* Excerpted data *

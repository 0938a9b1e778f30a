-- ===== src/NetCrypto/Request/Holes.antt =====
-- toxcore/net_crypto.c: how many packets a request asks for.
use insert_project_name_here.Base.{
  ℕ, zero, suc, ◌+◌, ◌-◌, ◌%◌, ◌^◌, ◌≤◌, ◌<◌, ◌≡◌, if◌then◌else◌, ◌==◌, none, some, List, [], ◌∷◌,
  arith, u32, sub32, ap, ◌∙◌, refl,
}
use insert_project_name_here.NetCrypto.PacketsArray.{
  PacketsArray, Slots, buffer_size, store, is_some,
}
use insert_project_name_here.NetCrypto.PacketsArray.Window.{IsWindow}
use mathlib.Core.Path.{subst}
use native.Mathlib.Decide.{ℕ_discrete}
use insert_project_name_here.NetCrypto.Request.{
  request_bytes, generate_request_packet, handle_bytes, handle_request_packet, mark_due,
  packet_id_request, latest_of,
}
use insert_project_name_here.NetCrypto.Request.Exchange.{
  Describes-AtLeast, request_tail, request_tail-Describes, generate_request_packet-tail,
}
use insert_project_name_here.NetCrypto.Request.Bytes.{Describes, stop, lack, full, have}

-- The number of empty slots among the `k` from number `i` on.
unfoldable pub holes : Slots → ℕ → ℕ → ℕ
holes r zero i = 0
holes r (suc k) i =
    let rest = holes r k (u32 (i + 1)) in if is_some (r (i % buffer_size)) then rest else suc rest

-- The number of bytes that are not 0.
abbrev nonzero : List ℕ → ℕ
nonzero [] = 0
nonzero (b ∷ bs) = if b == 0 then nonzero bs else suc (nonzero bs)

nonzero-le : {r : Slots} {k i n : ℕ} {bs : List ℕ} → Describes r k i n bs → nonzero bs ≤ k
nonzero-le stop = omega arith
nonzero-le (lack e h) = ground (arith, nonzero-le h)
nonzero-le (full d e q h) = ground (arith, nonzero-le h)
nonzero-le (have d e q h) = omega (arith, nonzero-le h)

nonzero-request_bytes :
    (r : Slots) (k i last n room : ℕ)
    → i < 2 ^ 32
    → last < 2 ^ 32
    → k ≡ sub32 last i
    → 0 < n
    → n ≤ 255
    → k < room
    → nonzero (request_bytes k i last n room r) ≡ holes r k i
unfolding request_bytes holes
nonzero-request_bytes r zero i last n room hi hl e hn hm hr = refl
nonzero-request_bytes r (suc k) i last n room hi hl e hn hm hr = ground (
  arith,
  nonzero-request_bytes r k (u32 (i + 1)) last 1 (room - 1),
  nonzero-request_bytes r k (u32 (i + 1)) last (n + 1) room,
)

module _ (now rtt : ℕ) (r : Slots) where
  handle_bytes-requested :
      (last ks requested l : ℕ) (s : Slots) {kr i n : ℕ} {bs : List ℕ}
      → Describes r kr i n bs
      → i < 2 ^ 32
      → last < 2 ^ 32
      → ks ≡ sub32 last i
      → kr ≤ ks
      → 0 < n
      → n ≤ 255
      → requested + kr < 2 ^ 32
      → (handle_bytes now rtt ks i last n bs requested l s).requested
        ≡ some (requested + nonzero bs)
  unfolding handle_bytes
  handle_bytes-requested last zero requested l s {bs = []} h hi hl e le hn hm hq = ground arith
  handle_bytes-requested last zero requested l s {bs = b ∷ bs} h hi hl e le hn hm hq =
      ground (arith, nonzero-le h)
  handle_bytes-requested last (suc ks) requested l s stop hi hl e le hn hm hq = ground arith
  handle_bytes-requested last (suc ks) requested l s {i = i} {n = n} (lack {bs = bs} no_packet h) hi
        hl e le hn hm hq =
      ground (
        arith,
        handle_bytes-requested last ks (u32 (requested + 1)) l
            (store s (i % buffer_size) (mark_due now rtt (s (i % buffer_size)))) h,
      )
  handle_bytes-requested last (suc ks) requested l s {i = i} {n = n} (full {bs = bs} d e' q h) hi hl
        e le hn hm hq =
      ground (
        arith,
        handle_bytes-requested last ks requested (latest_of l (s (i % buffer_size)))
            (store s (i % buffer_size) none) h,
      )
  handle_bytes-requested last (suc ks) requested l s {bs = []} (have d e' q h) hi hl e le hn hm hq =
      ground arith
  handle_bytes-requested last (suc ks) requested l s {i = i} {n = n} {bs = b ∷ bs} (have d e' q h)
        hi hl e le hn hm hq =
      ground (
        arith,
        Describes-AtLeast h,
        handle_bytes-requested last ks requested (latest_of l (s (i % buffer_size)))
            (store s (i % buffer_size) none) h,
      )

handle_tail-requested :
    (now rtt latest : ℕ) (send : PacketsArray) (r : Slots) (k : ℕ) (bs : List ℕ)
    → IsWindow send
    → k ≤ sub32 send.buffer_end send.buffer_start
    → Describes r k send.buffer_start 1 bs
    → (handle_request_packet now rtt send (packet_id_request ∷ bs) latest).2 ≡ some (nonzero bs)
unfolding handle_request_packet
handle_tail-requested now rtt latest send r k [] w le h = refl
handle_tail-requested now rtt latest send r k (b ∷ bs) w le h =
    handle_bytes-requested now rtt r send.buffer_end (sub32 send.buffer_end send.buffer_start) 0
      (2 ^ 64 - 1) send.buffer h w.start_word w.end_word refl le (omega arith) (omega arith)
      (omega (arith, w.fits))
    ∙ ap some (omega arith)

nonzero-request_tail :
    (len : ℕ) {a : PacketsArray}
    → IsWindow a
    → sub32 a.buffer_end a.buffer_start + 1 < len
    → nonzero (request_tail len a)
      ≡ holes a.buffer (sub32 a.buffer_end a.buffer_start) a.buffer_start
unfolding request_tail holes
nonzero-request_tail len {a} w h = elim (ℕ_discrete a.buffer_start a.buffer_end) [
  | yes e ↦
      ground (arith, holes_of_zero a.buffer (sub32 a.buffer_end a.buffer_start) a.buffer_start)
  | no ne ↦ ground (
    arith,
    w.start_word,
    w.end_word,
    nonzero-request_bytes a.buffer (sub32 a.buffer_end a.buffer_start) a.buffer_start a.buffer_end 1
        (len - 1),
  )
]
  where
    holes_of_zero : (r : Slots) (k i : ℕ) → k ≡ 0 → holes r k i ≡ 0
    holes_of_zero r zero i e = refl
    holes_of_zero r (suc k) i e = absurd (omega arith)

-- If the receiver's and the sender's windows are well formed and start at the same number, the
-- receiver's is not longer, and the request packet has room for a byte for each number of the
-- receiver's window and one more, then `handle_request_packet` succeeds at the sender and counts
-- as requested exactly the empty slots of the receiver's window.
pub generate-handle_requested :
    (recv send : PacketsArray) (len latest now rtt : ℕ) {packet : List ℕ}
    → IsWindow recv
    → IsWindow send
    → recv.buffer_start ≡ send.buffer_start
    → sub32 recv.buffer_end recv.buffer_start ≤ sub32 send.buffer_end send.buffer_start
    → sub32 recv.buffer_end recv.buffer_start + 1 < len
    → generate_request_packet len recv ≡ some packet
    → (handle_request_packet now rtt send packet latest).2
      ≡ some (holes recv.buffer (sub32 recv.buffer_end recv.buffer_start) recv.buffer_start)
generate-handle_requested recv send len latest now rtt {packet} wr ws es le room e =
    rw (generate_request_packet-tail len recv e) (
      handle_tail-requested now rtt latest send recv.buffer
        (sub32 recv.buffer_end recv.buffer_start) (request_tail len recv) ws le
        (subst
          (λ i.
            Describes recv.buffer (sub32 recv.buffer_end recv.buffer_start) i 1
              (request_tail len recv))
          es (request_tail-Describes len wr))
      ∙ ap some (nonzero-request_tail len wr room))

* Task item *
Within the data above, tally every line that has "unfolding" in it. Answer with the number only.

* Response *
4